Matthew Brown, PE·15 min read·Updated 2026-04-01

Pipeline integrity assessment is the process by which operators evaluate the actual physical condition of a covered pipeline segment. The three primary regulatory pathways are in-line inspection (ILI), hydrostatic pressure testing, and direct assessment. Each method has defined applicability criteria, threat coverage characteristics, and technical limitations — and selecting the right method for a given segment is not a vendor decision or a scheduling convenience. It flows directly from the threat identification that precedes it. Using an assessment method that cannot detect the primary identified threat on a segment does not satisfy the regulatory requirement for that segment, regardless of when the assessment was performed.

What Are Pipeline Integrity Assessment Methods?

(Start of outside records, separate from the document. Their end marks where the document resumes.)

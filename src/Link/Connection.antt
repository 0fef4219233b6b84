-- ===== src/Link/Connection.antt =====
-- core/src/endbot_core/link.py: `LinkConnection`, its requests, replies and queues.
use endbot.Prelude.{
  ℕ, ◌+◌, Bool, true, false, not, Option, none, some, List, [], ◌∷◌, ◌++◌, String, ◌==◌, leb,
  nat_eq, filter, length, Json, ℤ, int, bool, str, pos, negsuc, obj, of_dict, Dict, lookup, is_some,
  as_dict, as_str, get_json, Result, ok, err, Error, value_error, invalid_state, localized,
  unavailable, link_error, key_error, attempt, ◌>>=◌, Outcome, if◌then◌else◌,
}
use endbot.Link.Lines.{Bytes}
use endbot.Link.{as_int, encode}

-- `MAX_QUEUED_FRAMES` and `MAX_CLI_REQUESTS`
abbrev pub max_queued_frames : ℕ
max_queued_frames = 4096

abbrev pub max_cli_requests : ℕ
max_cli_requests = 64

-- What a `Future` is resolved with.
pub data Resolution : Type 0 where
  result_of : Json → Resolution
  exception_of : Error → Resolution

-- An entry of a queue, or `_STOP`.
pub data Queued (A : Type 0) : Type 0 where
  entry : A → Queued A
  stop : Queued A

-- A request for the ordered thread or the pool.
pub record Request : Type 0 where
  pub identity : Json
  pub kind : String
  pub body : Dict Json
  pub duplicate : Bool

-- A `Future` is its number among the `made` ones; the resolved ones stand in `resolutions`. `seen` is
-- kept only where ids must be unique.
pub record LinkConnection : Type 0 where
  pub closed : Bool
  pub next_id : ℕ
  pub made : ℕ
  pub resolutions : List (ℕ × Resolution)
  pub pending : List (ℕ × ℕ)
  pub outbound : List (Queued Bytes)
  pub ordered : List (Queued Request)
  pub pooled : List Request
  pub seen : Option (List ℤ)

-- A new connection, before `start`.
unfoldable pub init : ℕ → Bool → LinkConnection
init first_id unique_ids = record {
  closed = false;
  next_id = first_id;
  made = 0;
  resolutions = [];
  pending = [];
  outbound = [];
  ordered = [];
  pooled = [];
  seen = if unique_ids then some [] else none;
}

-- The entry of a key.
unfoldable pub find_key : {A : Type 0} → ℕ → List (ℕ × A) → Option A
find_key k [] = none
find_key k ((j, a) ∷ rest) = if nat_eq j k then some a else find_key k rest

-- `pop(key, None)` of a dict
unfoldable pub pop_key : {A : Type 0} → ℕ → List (ℕ × A) → List (ℕ × A)
pop_key k [] = []
pop_key k ((j, a) ∷ rest) =
    let popped = pop_key k rest in if nat_eq j k then popped else (j, a) ∷ popped

-- `Future.done`
abbrev pub is_done : ℕ → LinkConnection → Bool
is_done future c = is_some (find_key future c.resolutions)

-- Resolves a `Future` unless it is done.
unfoldable pub settle : ℕ → Resolution → List (ℕ × Resolution) → List (ℕ × Resolution)
settle future r rs = if is_some (find_key future rs) then rs else (future, r) ∷ rs

unfoldable pub settle_all : List (ℕ × ℕ) → List (ℕ × Resolution) → List (ℕ × Resolution)
settle_all [] rs = rs
settle_all ((_, future) ∷ rest) rs = settle_all rest (settle future (exception_of unavailable) rs)

-- `put_nowait`, `none` where it raises `queue.Full`.
unfoldable pub put_nowait : Queued Bytes → List (Queued Bytes) → Option (List (Queued Bytes))
put_nowait e q = if leb max_queued_frames (length q) then none else some (q ++ e ∷ [])

-- `close`, up to its callback `on_close`, which for endbotd is `link_closed` or `cli_closed` of Server.
unfoldable pub close : LinkConnection → LinkConnection
close c = if c.closed then c else record c {
  closed = true;
  pending = [];
  resolutions = settle_all c.pending c.resolutions;
  outbound = (elim (put_nowait stop c.outbound) [ none ↦ c.outbound | some q ↦ q ]);
  ordered = c.ordered ++ stop ∷ [];
}

-- `_enqueue`
unfoldable pub enqueue : Bytes → LinkConnection → LinkConnection
enqueue frame c = elim (put_nowait (entry frame) c.outbound) [
  | none ↦ close c
  | some q ↦ record c { outbound = q }
]

-- `send` under its lock: the `Future`, and the id of its request unless the link is closed.
unfoldable pub register : LinkConnection → LinkConnection × ℕ × Option ℕ
register c =
    if c.closed
    then (
      record c {
        made = c.made + 1;
        resolutions = settle c.made (exception_of unavailable) c.resolutions;
      },
      c.made,
      none,
    )
    else (
      record c {
        made = c.made + 1;
        next_id = c.next_id + 1;
        pending = c.pending ++ (c.next_id, c.made) ∷ [];
      },
      c.made,
      some c.next_id,
    )

abbrev pub request_to_json : ℕ → String → Dict Json → Json
request_to_json request_id kind body = obj (
    of_dict (("id", int (pos request_id)) ∷ ("type", str kind) ∷ ("body", obj (of_dict body)) ∷ []))

-- The rest of `send`, behind its lock. Setting the exception of a `Future` that a close has resolved
-- in between raises `InvalidStateError`.
unfoldable pub transmit : Result Bytes → ℕ → ℕ → LinkConnection → Outcome LinkConnection ℕ
transmit (ok frame) request_id future c = (enqueue frame c, ok future)
transmit (err e) request_id future c = (
  record c {
    pending = pop_key request_id c.pending;
    resolutions = settle future (exception_of e) c.resolutions;
  },
  if is_done future c then err invalid_state else ok future,
)

-- The two parts of `send` with nothing in between.
unfoldable pub send :
    (Json → Option Bytes) → String → Dict Json → LinkConnection → Outcome LinkConnection ℕ
send dumps kind body c =
    let (registered, future, request_id) = register c in
    elim request_id [
      | none ↦ (registered, ok future)
      | some i ↦ transmit (encode dumps (request_to_json i kind body)) i future registered
    ]

-- The timeout of `request`: the `Future` is taken off the pending ones.
unfoldable pub give_up : ℕ → LinkConnection → LinkConnection
give_up future c = record c { pending = filter (λ e. not (nat_eq e.1 future)) c.pending }

-- What Python's library does with values from the wire: `str` of a JSON value, and whether a template can be
-- formatted with keyword arguments, which raises otherwise.
pub record WireText : Type 0 where
  pub str_of : Json → String
  pub formats : String → Dict Json → Bool

module _ (wire : WireText) where
  -- `str(detail.get("code", "internal"))`
  unfoldable pub wire_code : Option Json → String
  wire_code none = "internal"
  wire_code (some (str s)) = s
  wire_code (some j) = wire.str_of j

  -- A refusal with its template, or another `ValueError`. Making a `LocalizedError` formats its template, which may
  -- raise a `KeyError` or another error.
  unfoldable pub refusal : Dict Json → Result Error
  refusal d = elim (as_str (get_json "template" d)) [
    | none ↦ ok value_error
    | some template ↦ elim (as_dict (get_json "params" d)) [
      | none ↦ ok value_error
      | some params ↦ if wire.formats template params then ok localized else err key_error
    ]
  ]

  -- `error_from_wire`, as the class and the code of the exception.
  unfoldable pub error_from_wire : Json → Result Error
  error_from_wire detail = elim (as_dict detail) [
    | none ↦ ok (link_error "protocol")
    | some d ↦
        if wire_code (lookup "code" d) == "invalid"
        then refusal d
        else if wire_code (lookup "code" d) == "unavailable"
        then ok unavailable
        else ok (link_error (wire_code (lookup "code" d)))
  ]

  -- What a reply resolves its `Future` with.
  unfoldable pub resolution_of : Dict Json → Result Resolution
  resolution_of message = elim (get_json "ok" message) [
    | bool true ↦ ok (result_of (get_json "result" message))
    | _ ↦ error_from_wire (get_json "error" message) >>= λ e. ok (exception_of e)
  ]

  -- The id of a message as a key of `_pending`.
  unfoldable pub own_id : Option ℤ → Option ℕ
  own_id (some (pos n)) = some n
  own_id (some (negsuc n)) = none
  own_id none = none

  -- The end of `_accept_reply`, for a future that has been taken off the pending ones: where the error of the reply
  -- cannot be made, it is not resolved.
  unfoldable pub reply_to : Dict Json → ℕ → LinkConnection → Outcome LinkConnection (Unit {0})
  reply_to message future c =
      if is_done future c
      then (c, ok tt)
      else attempt (resolution_of message) c
          λ r. (record c { resolutions = settle future r c.resolutions }, ok tt)

  -- `_accept_reply`
  unfoldable pub accept_reply : Dict Json → LinkConnection → Outcome LinkConnection (Unit {0})
  accept_reply message c = elim (own_id (as_int (get_json "id" message))) [
    | none ↦ (c, ok tt)
    | some i ↦ elim (find_key i c.pending) [
      | none ↦ (c, ok tt)
      | some future ↦ reply_to message future (record c { pending = pop_key i c.pending })
    ]
  ]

Under 49 CFR Part 192 Subpart O and 49 CFR 195.452, operators must perform integrity assessments of all covered pipeline segments — those that could affect high consequence areas. The regulation does not mandate a single approach. Instead, it defines acceptable methods and requires that the method selected be appropriate for the threats present on the segment being assessed.

The acceptable methods are:

  • In-line inspection (ILI) — deploying instrumented tools through the pipeline to detect, locate, and size anomalies
  • Hydrostatic pressure testing — pressurizing the pipeline to demonstrate its ability to sustain a target pressure
  • Direct assessment — structured field programs that evaluate specific threats through surface surveys and targeted excavations
  • Other technology — alternative methods an operator demonstrates provide equivalent understanding of pipe condition

Each method produces different information at different confidence levels. ILI produces a quantitative picture of anomaly populations across the entire assessed length. Pressure testing produces a pass/fail result at a specific test pressure. Direct assessment produces condition data at discrete excavation sites selected by a structured protocol. Understanding what each method can and cannot tell you is the foundation of defensible assessment program design.

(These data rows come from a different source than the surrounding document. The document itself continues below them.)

-- ===== src/Link/Futures.antt =====
-- What becomes of the futures of `LinkConnection.send`.
use endbot.Prelude.{
  ◌≡◌, refl, sym, ap, subst, ◌∙◌, inl, inr, ℕ, Bool, true, false, ◌||◌, Option, none, some, List,
  [], ◌∷◌, arith, nat_eq, any, is_some, unavailable, Option-cases, Bool-cases, if◌then◌else◌,
}
use endbot.Link.Connection.{Resolution, exception_of, find_key, settle, settle_all}

find_key-found :
    {A : Type 0} (k j : ℕ) (a : A) (rest : List (ℕ × A))
    → find_key k ((j, a) ∷ rest) ≡ (if nat_eq j k then some a else find_key k rest)
unfolding find_key
find_key-found k j a rest = refl

-- Settling gives a value to its own key, unless that is settled.
find_key-settle :
    (k future : ℕ) (r : Resolution) (rs : List (ℕ × Resolution))
    → find_key k (settle future r rs) ≡ (
        if is_some (find_key k rs) then find_key k rs else if nat_eq future k then some r else none)
unfolding settle
find_key-settle k future r rs = elim (Option-cases (find_key future rs)) [
  | inr (q, e) ↦ rw e (elim (Option-cases (find_key k rs)) [
    | inr (p, f) ↦ rw f
    | inl f ↦ elim (Bool-cases (nat_eq future k)) [
      | inr ne ↦ rw (f, ne)
      | inl same ↦
          let eq : future ≡ k = ground arith in
          absurd (ground (arith, sym (subst (λ x. find_key x rs ≡ some q) eq e) ∙ f))
    ]
  ])
  | inl e ↦ rw e (
      find_key-found k future r rs ∙ (elim (Bool-cases (nat_eq future k)) [
        | inr ne ↦ rw ne (elim (Option-cases (find_key k rs)) [ inl f ↦ rw f | inr (p, f) ↦ rw f ])
        | inl same ↦
            let eq : future ≡ k = ground arith in rw (same, subst (λ x. find_key x rs ≡ none) eq e)
      ]))
]

-- Whether a future has been resolved, and whether it waits for a reply.
abbrev pub is_resolved : ℕ → List (ℕ × Resolution) → Bool
is_resolved k rs = is_some (find_key k rs)

abbrev pub is_waiting : ℕ → List (ℕ × ℕ) → Bool
is_waiting k = any (λ e. nat_eq e.1 k)

is_some_chosen :
    {A : Type 0} (o : Option A) (b : Bool) (a : A)
    → is_some (if is_some o then o else if b then some a else none) ≡ is_some o || b
is_some_chosen (some x) b a = refl
is_some_chosen none true a = refl
is_some_chosen none false a = refl

pub is_resolved-settle :
    (k future : ℕ) (r : Resolution) (rs : List (ℕ × Resolution))
    → is_resolved k (settle future r rs) ≡ is_resolved k rs || nat_eq future k
is_resolved-settle k future r rs =
    ap is_some (find_key-settle k future r rs) ∙ is_some_chosen (find_key k rs) (nat_eq future k) r

pub is_resolved-settle_all :
    (k : ℕ) (ps : List (ℕ × ℕ)) (rs : List (ℕ × Resolution))
    → is_resolved k (settle_all ps rs) ≡ is_resolved k rs || is_waiting k ps
unfolding settle_all
is_resolved-settle_all k [] rs = ground arith
is_resolved-settle_all k ((i, future) ∷ ps) rs =
    is_resolved-settle_all k ps (settle future (exception_of unavailable) rs)
    ∙ rw is_resolved-settle (ground arith)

Why Assessment Method Selection Matters

The most important decision in integrity assessment planning is upstream of method selection: it is the threat identification. When threats are correctly and specifically identified for each covered segment, the appropriate assessment method or combination of methods is largely prescribed by the technical standards — ASME B31.4, B31.8S, and the applicable API matrices. The vulnerability is not in the method selection process itself; it is in the threat identification that feeds it.

When threat identification is generic or incomplete, method selection inherits those gaps. A program that identifies corrosion as the only threat on a segment and selects standard axial MFL ILI — without evaluating whether cracking is also present — has selected a method that is appropriate for its stated threat but may be blind to an unevaluated one. An MFL tool has a known physical limitation in detecting crack features with low volumetric cross-section loss. Drawing conclusions about the absence of cracking from an MFL data set alone is not technically supportable.

Every technology has a detection bias. Sound assessment program management requires knowing what each tool is designed to find, what it is not designed to find, and where the boundaries of its performance specification apply in practice.

In-Line Inspection (ILI)

ILI is the most widely used and generally preferred integrity assessment method for piggable transmission pipelines. Instrumented tools — commonly called smart pigs — traverse the pipeline interior, collecting continuous sensor data that is processed to detect, locate, and size anomalies. The goal is to identify, characterize, and size anomalies across the entire inspected length.

ILI Tool Technologies

Magnetic Flux Leakage (MFL) is the most commonly deployed ILI technology. MFL tools detect volumetric metal loss — corrosion, pitting, and general wall thinning — by measuring flux leakage from magnetized pipe wall. MFL is the standard method for corrosion assessment and produces reliable detection and sizing for metal loss features above its performance specification thresholds. It is not a crack detection technology. Low-volume crack features do not produce sufficient flux leakage to be reliably detected by standard axial MFL.

Ultrasonic Testing (UT) tools measure wall thickness directly using acoustic transducers. UT provides high-resolution wall thickness data and can detect cracking anomalies. However, UT tools require a liquid couplant between the transducer and the pipe wall. This makes them well-suited for liquid pipelines and impractical for gas pipelines without significant operational adaptation.

Electromagnetic Acoustic Transducer (EMAT) technology generates ultrasonic waves in the pipe wall using electromagnetic induction, eliminating the liquid couplant requirement. EMAT is the primary ILI technology deployed for crack detection in gas pipelines, including stress corrosion cracking. The practical limitation of EMAT is anomaly characterization: the technology has shown good ability to detect features that MFL cannot, but it can struggle to identify precisely what it has found. EMAT is good at seeing that something is there; it is less reliable at characterizing what that something is. When EMAT anomalies cannot be characterized remotely, field excavation deploys a full suite of non-destructive examination (NDE) tools prepared to evaluate whatever is present.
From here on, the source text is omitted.